---------- Record excerpts ----------
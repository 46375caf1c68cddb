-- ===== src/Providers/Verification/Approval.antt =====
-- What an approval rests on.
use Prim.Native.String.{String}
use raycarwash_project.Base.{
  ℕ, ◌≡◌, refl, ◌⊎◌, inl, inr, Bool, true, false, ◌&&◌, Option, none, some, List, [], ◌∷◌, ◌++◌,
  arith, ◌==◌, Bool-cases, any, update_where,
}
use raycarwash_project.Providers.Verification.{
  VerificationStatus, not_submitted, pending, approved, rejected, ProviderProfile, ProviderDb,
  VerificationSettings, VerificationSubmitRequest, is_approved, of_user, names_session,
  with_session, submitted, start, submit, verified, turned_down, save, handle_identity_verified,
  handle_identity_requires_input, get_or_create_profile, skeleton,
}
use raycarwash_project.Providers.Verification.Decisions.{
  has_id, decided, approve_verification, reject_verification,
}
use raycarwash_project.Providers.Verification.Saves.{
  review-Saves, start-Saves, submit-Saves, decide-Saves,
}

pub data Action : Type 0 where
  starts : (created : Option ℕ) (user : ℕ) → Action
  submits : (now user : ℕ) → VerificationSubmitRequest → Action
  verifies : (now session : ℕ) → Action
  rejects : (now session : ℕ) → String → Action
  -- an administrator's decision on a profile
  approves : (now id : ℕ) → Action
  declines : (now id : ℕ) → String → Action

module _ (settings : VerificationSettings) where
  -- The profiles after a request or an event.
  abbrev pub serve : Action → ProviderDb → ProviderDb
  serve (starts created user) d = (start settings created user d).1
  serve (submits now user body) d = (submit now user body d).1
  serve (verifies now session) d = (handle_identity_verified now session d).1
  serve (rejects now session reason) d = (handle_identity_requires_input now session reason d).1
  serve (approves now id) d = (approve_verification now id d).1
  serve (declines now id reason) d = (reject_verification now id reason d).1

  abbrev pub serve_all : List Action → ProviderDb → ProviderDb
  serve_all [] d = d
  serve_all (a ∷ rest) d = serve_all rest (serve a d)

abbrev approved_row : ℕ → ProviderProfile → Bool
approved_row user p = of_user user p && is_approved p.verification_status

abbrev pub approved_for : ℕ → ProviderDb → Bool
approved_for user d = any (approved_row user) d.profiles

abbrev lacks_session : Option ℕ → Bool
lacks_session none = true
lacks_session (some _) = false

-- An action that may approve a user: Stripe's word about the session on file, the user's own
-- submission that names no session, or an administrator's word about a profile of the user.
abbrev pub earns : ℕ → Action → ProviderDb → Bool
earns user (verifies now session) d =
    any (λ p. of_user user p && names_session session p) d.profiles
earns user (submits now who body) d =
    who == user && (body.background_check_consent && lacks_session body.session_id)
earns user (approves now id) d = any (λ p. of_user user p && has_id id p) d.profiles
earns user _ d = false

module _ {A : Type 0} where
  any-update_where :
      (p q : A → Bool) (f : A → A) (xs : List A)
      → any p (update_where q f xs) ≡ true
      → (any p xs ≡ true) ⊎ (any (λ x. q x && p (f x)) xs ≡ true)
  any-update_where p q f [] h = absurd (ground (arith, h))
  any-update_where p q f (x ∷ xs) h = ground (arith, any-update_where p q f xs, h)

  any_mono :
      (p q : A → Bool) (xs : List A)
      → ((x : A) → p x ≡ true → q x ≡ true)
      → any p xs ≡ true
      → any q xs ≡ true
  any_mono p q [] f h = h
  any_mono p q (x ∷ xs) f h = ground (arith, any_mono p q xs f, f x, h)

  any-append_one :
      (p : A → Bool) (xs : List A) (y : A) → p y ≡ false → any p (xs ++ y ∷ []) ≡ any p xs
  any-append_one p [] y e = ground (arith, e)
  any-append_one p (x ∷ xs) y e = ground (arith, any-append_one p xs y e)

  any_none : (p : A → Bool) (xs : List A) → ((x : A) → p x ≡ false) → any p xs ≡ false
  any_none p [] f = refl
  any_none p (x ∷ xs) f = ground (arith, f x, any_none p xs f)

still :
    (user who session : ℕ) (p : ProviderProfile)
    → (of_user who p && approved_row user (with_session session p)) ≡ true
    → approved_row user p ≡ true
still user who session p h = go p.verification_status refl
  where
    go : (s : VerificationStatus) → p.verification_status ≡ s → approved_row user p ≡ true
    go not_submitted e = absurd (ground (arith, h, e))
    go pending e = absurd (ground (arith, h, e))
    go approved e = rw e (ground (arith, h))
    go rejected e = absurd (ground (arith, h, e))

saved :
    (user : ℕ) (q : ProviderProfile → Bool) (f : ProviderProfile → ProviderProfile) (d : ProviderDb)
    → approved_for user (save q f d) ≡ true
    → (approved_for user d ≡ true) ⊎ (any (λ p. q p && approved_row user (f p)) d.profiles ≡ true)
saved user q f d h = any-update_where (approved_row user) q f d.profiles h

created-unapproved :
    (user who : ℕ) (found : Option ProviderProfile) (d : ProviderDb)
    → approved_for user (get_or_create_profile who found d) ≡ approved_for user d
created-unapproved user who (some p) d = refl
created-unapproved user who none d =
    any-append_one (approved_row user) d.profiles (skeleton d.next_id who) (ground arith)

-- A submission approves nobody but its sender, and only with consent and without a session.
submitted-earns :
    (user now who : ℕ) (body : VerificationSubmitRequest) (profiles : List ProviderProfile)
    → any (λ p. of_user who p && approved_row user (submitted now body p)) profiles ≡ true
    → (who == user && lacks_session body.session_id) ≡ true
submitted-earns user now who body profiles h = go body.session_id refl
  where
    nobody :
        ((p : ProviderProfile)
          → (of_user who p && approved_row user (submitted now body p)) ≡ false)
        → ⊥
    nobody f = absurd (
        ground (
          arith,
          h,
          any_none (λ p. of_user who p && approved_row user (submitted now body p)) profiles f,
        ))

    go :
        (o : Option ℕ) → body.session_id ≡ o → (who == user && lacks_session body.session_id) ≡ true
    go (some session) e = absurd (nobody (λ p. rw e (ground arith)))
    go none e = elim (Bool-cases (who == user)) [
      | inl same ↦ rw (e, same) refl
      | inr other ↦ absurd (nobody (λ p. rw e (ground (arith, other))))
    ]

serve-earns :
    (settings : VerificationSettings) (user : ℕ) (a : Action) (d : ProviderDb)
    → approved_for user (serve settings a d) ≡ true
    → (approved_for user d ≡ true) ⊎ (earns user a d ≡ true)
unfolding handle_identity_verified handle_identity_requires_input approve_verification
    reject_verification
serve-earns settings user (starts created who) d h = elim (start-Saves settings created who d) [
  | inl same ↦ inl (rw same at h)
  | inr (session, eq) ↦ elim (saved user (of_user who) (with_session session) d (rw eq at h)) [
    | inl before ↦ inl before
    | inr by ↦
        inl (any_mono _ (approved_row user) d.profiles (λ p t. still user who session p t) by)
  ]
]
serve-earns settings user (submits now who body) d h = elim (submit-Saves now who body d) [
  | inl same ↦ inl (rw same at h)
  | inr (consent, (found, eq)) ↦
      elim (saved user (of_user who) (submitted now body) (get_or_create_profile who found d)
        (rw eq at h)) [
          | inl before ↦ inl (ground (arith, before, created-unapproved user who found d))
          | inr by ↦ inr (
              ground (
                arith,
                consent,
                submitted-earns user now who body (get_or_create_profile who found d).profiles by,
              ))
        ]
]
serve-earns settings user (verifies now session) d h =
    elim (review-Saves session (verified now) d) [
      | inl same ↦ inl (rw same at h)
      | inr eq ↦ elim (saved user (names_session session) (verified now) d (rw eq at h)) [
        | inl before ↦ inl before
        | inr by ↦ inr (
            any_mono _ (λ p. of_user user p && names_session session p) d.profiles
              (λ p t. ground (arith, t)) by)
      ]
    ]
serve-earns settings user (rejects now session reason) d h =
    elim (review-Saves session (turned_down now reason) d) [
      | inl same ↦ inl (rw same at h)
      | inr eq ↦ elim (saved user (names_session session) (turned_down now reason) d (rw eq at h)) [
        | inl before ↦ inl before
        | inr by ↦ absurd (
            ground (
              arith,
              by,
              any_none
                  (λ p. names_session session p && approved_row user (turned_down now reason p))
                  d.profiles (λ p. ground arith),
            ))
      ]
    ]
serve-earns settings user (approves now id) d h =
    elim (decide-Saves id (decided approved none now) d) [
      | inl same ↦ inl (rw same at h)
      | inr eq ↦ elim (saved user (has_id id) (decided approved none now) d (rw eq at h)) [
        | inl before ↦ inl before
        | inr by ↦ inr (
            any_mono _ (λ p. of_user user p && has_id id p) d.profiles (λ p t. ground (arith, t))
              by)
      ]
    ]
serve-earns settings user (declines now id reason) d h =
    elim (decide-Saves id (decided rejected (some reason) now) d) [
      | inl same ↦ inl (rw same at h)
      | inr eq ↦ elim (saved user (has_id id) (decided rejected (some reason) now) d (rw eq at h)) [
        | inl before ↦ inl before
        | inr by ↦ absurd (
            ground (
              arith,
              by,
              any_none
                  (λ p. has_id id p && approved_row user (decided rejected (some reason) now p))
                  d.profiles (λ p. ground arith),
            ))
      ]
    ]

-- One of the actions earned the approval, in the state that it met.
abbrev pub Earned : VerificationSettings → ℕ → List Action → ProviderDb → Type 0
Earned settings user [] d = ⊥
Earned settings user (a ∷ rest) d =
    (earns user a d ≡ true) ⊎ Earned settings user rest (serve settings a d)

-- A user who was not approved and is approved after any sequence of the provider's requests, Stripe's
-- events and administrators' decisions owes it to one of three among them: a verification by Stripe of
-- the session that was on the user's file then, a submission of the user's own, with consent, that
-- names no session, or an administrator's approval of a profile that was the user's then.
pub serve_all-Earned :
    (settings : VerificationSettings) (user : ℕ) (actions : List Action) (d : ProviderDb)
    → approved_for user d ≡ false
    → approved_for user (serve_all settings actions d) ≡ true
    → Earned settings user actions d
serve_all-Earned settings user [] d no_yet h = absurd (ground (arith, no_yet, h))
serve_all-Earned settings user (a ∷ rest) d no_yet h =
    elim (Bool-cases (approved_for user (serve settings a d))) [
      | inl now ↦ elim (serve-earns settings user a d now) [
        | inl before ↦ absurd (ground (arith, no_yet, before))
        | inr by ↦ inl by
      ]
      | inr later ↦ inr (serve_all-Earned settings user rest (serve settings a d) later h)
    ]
----------
Exercise - All lines in the data above from the one with "id) (decided rejected" through the one with "-- A user who" must be repeated exactly, and no others.

Answer for this exercise -
      | inr eq ↦ elim (saved user (has_id id) (decided rejected (some reason) now) d (rw eq at h)) [
        | inl before ↦ inl before
        | inr by ↦ absurd (
            ground (
              arith,
              by,
              any_none
                  (λ p. has_id id p && approved_row user (decided rejected (some reason) now p))
                  d.profiles (λ p. ground arith),
            ))
      ]
    ]

-- One of the actions earned the approval, in the state that it met.
abbrev pub Earned : VerificationSettings → ℕ → List Action → ProviderDb → Type 0
Earned settings user [] d = ⊥
Earned settings user (a ∷ rest) d =
    (earns user a d ≡ true) ⊎ Earned settings user rest (serve settings a d)

-- A user who was not approved and is approved after any sequence of the provider's requests, Stripe's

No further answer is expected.